Laughlin hotel-casino is on the market
With tourist traffic to Laughlin climbing back from the pandemic, a hotel there is up for sale.
The New Pioneer, one of several casinos lining the banks of the Colorado River about 100 miles southeast of Las Vegas, is on the market for $39 million, as seen on commercial-property listing site LoopNet.
It features more than 400 rooms; the Bumbleberry Flats restaurant, whose menu includes chicken and waffles and bacon meatloaf; and a private beach.
Its roof and many of the rooms have been upgraded, listing agent Khaleda Noor of Award Realty Corp. told the Review-Journal.
Laughlin, a small, unincorporated town across the river from Arizona, generates a fraction of the visitor volume and gambling revenue as Las Vegas.
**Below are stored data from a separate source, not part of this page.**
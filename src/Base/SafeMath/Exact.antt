-- ===== src/Base/SafeMath/Exact.antt =====
-- Checked sums and differences, against the exact ones.
use lib_hh_old.Common.{zero, suc, ◌<◌, ◌≤◌, ◌≡◌, ◌+◌, ◌*◌, Option, some, none, arith}
use lib_hh_old.Common.Int.{ℤ, pos, negsuc, pos_part, neg_part, ◌+ℤ◌}
use lib_hh_old.Base.Numbers.{IntType, int, unsigned_int, int64, uint64, max_of, depth_of}
use lib_hh_old.Base.Numbers.Print.{IsValueOf}
use lib_hh_old.Base.SafeMath.{
  RangeConstraint, range_valid, range_underflow, range_overflow, range_invalid, checked_add,
  checked_sub, checked_neg, modulus,
}

abbrev pub minus : ℤ → ℤ
minus (pos zero) = pos 0
minus (pos (suc n)) = negsuc n
minus (negsuc n) = pos (suc n)

-- The answer to a computation whose exact result is known.
abbrev pub IsExact : IntType → ℤ → ℤ × RangeConstraint → Type 0
IsExact t z (r, range_valid) = (r ≡ z) × IsValueOf t z
IsExact t z (r, range_underflow) = depth_of t < neg_part z
IsExact t z (r, range_overflow) = max_of t < pos_part z
IsExact t z (r, range_invalid) = 1 ≤ 0

checked_add-IsExact :
    (t : IntType) (x y : ℤ) → IsValueOf t x → IsValueOf t y → IsExact t (x +ℤ y) (checked_add t x y)
unfolding checked_add ◌+ℤ◌
checked_add-IsExact int (pos a) (pos b) hx hy = ground arith
checked_add-IsExact int (pos a) (negsuc b) hx hy = ground arith
checked_add-IsExact int (negsuc a) (pos b) hx hy = ground arith
checked_add-IsExact int (negsuc a) (negsuc b) hx hy = ground arith
checked_add-IsExact unsigned_int (pos a) (pos b) hx hy = ground arith
checked_add-IsExact unsigned_int (negsuc a) y hx hy = absurd (omega arith)
checked_add-IsExact unsigned_int (pos a) (negsuc b) hx hy = absurd (omega arith)
checked_add-IsExact int64 (pos a) (pos b) hx hy = ground arith
checked_add-IsExact int64 (pos a) (negsuc b) hx hy = ground arith
checked_add-IsExact int64 (negsuc a) (pos b) hx hy = ground arith
checked_add-IsExact int64 (negsuc a) (negsuc b) hx hy = ground arith
checked_add-IsExact uint64 (pos a) (pos b) hx hy = ground arith
checked_add-IsExact uint64 (negsuc a) y hx hy = absurd (omega arith)
checked_add-IsExact uint64 (pos a) (negsuc b) hx hy = absurd (omega arith)

checked_sub-IsExact :
    (t : IntType) (x y : ℤ)
    → IsValueOf t x
    → IsValueOf t y
    → IsExact t (x +ℤ minus y) (checked_sub t x y)
unfolding checked_sub ◌+ℤ◌
checked_sub-IsExact int (pos a) (pos zero) hx hy = ground arith
checked_sub-IsExact int (pos a) (pos (suc b)) hx hy = ground arith
checked_sub-IsExact int (pos a) (negsuc b) hx hy = ground arith
checked_sub-IsExact int (negsuc a) (pos zero) hx hy = ground arith
checked_sub-IsExact int (negsuc a) (pos (suc b)) hx hy = ground arith
checked_sub-IsExact int (negsuc a) (negsuc b) hx hy = ground arith
checked_sub-IsExact unsigned_int (pos a) (pos zero) hx hy = ground arith
checked_sub-IsExact unsigned_int (pos a) (pos (suc b)) hx hy = ground arith
checked_sub-IsExact unsigned_int (negsuc a) y hx hy = absurd (omega arith)
checked_sub-IsExact unsigned_int (pos a) (negsuc b) hx hy = absurd (omega arith)
checked_sub-IsExact int64 (pos a) (pos zero) hx hy = ground arith
checked_sub-IsExact int64 (pos a) (pos (suc b)) hx hy = ground arith
checked_sub-IsExact int64 (pos a) (negsuc b) hx hy = ground arith
checked_sub-IsExact int64 (negsuc a) (pos zero) hx hy = ground arith
checked_sub-IsExact int64 (negsuc a) (pos (suc b)) hx hy = ground arith
checked_sub-IsExact int64 (negsuc a) (negsuc b) hx hy = ground arith
checked_sub-IsExact uint64 (pos a) (pos zero) hx hy = ground arith
checked_sub-IsExact uint64 (pos a) (pos (suc b)) hx hy = ground arith
checked_sub-IsExact uint64 (negsuc a) y hx hy = absurd (omega arith)
checked_sub-IsExact uint64 (pos a) (negsuc b) hx hy = absurd (omega arith)

-- The answer to a negation, which is not defined at half the modulus from 0.
abbrev pub IsNegation : IntType → ℤ → Option (ℤ × RangeConstraint) → Type 0
IsNegation t x none = (pos_part x + neg_part x) * 2 ≡ modulus t
IsNegation t x (some q) = IsExact t (minus x) q

checked_neg-IsNegation : (t : IntType) (x : ℤ) → IsValueOf t x → IsNegation t x (checked_neg t x)
unfolding checked_neg
checked_neg-IsNegation int (pos zero) hx = ground arith
checked_neg-IsNegation int (pos (suc a)) hx = ground arith
checked_neg-IsNegation int (negsuc a) hx = ground arith
checked_neg-IsNegation unsigned_int (pos zero) hx = ground arith
checked_neg-IsNegation unsigned_int (pos (suc a)) hx = ground arith
checked_neg-IsNegation unsigned_int (negsuc a) hx = absurd (omega arith)
checked_neg-IsNegation int64 (pos zero) hx = ground arith
checked_neg-IsNegation int64 (pos (suc a)) hx = ground arith
checked_neg-IsNegation int64 (negsuc a) hx = ground arith
checked_neg-IsNegation uint64 (pos zero) hx = ground arith
checked_neg-IsNegation uint64 (pos (suc a)) hx = ground arith
checked_neg-IsNegation uint64 (negsuc a) hx = absurd (omega arith)

-- For values of int, unsigned int, int64_t and uint64_t: CheckedAdd, CheckedSub and CheckedNeg say
-- valid only of a result that fits the type, and then give the exact result; they say overflow only
-- where the exact result is greater than every value of the type, underflow only where it is less,
-- and never invalid; CheckedAdd and CheckedSub are always defined, and CheckedNeg is undefined only
-- at half the number of the type's values from 0, which is the least value of a signed type.
pub checked_math-IsExact :
    (t : IntType) (x y : ℤ)
    → IsValueOf t x
    → IsValueOf t y
    → IsExact t (x +ℤ y) (checked_add t x y)
      × IsExact t (x +ℤ minus y) (checked_sub t x y)
      × IsNegation t x (checked_neg t x)
checked_math-IsExact t x y hx hy = (
  checked_add-IsExact t x y hx hy,
  checked_sub-IsExact t x y hx hy,
  checked_neg-IsNegation t x hx,
)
The low-key tourist destination has long been known for being popular with retirees who drive in, and for offering low-priced rooms, sunshine, open desert, and boating and other activities on the Colorado.
Still, like Las Vegas, tourism plunged in Laughlin after the coronavirus outbreak upended daily life and has been rebounding as vaccines roll out.
An estimated 117,300 people visited Laughlin in May, and the town generated $48.1 million in gambling revenue that month, up from 82,600 visitors and $33.5 million in gambling revenue in January, according to Las Vegas Convention and Visitors Authority figures.
New Pioneer owner Ray Koroghli acquired the property in 2017, Clark County records indicate. He could not be reached for comment Wednesday.
The Lowden family’s Archon Corp., former owner of the Pioneer, as it used to be known, said in a 2010 filing with the Securities and Exchange Commission that the hotel-casino primarily targets “mature, out-of-town customers” who live in central Arizona and Southern California; retirees from the Midwest, Northeast and Canada who travel to the Southwest during the winter; and locals.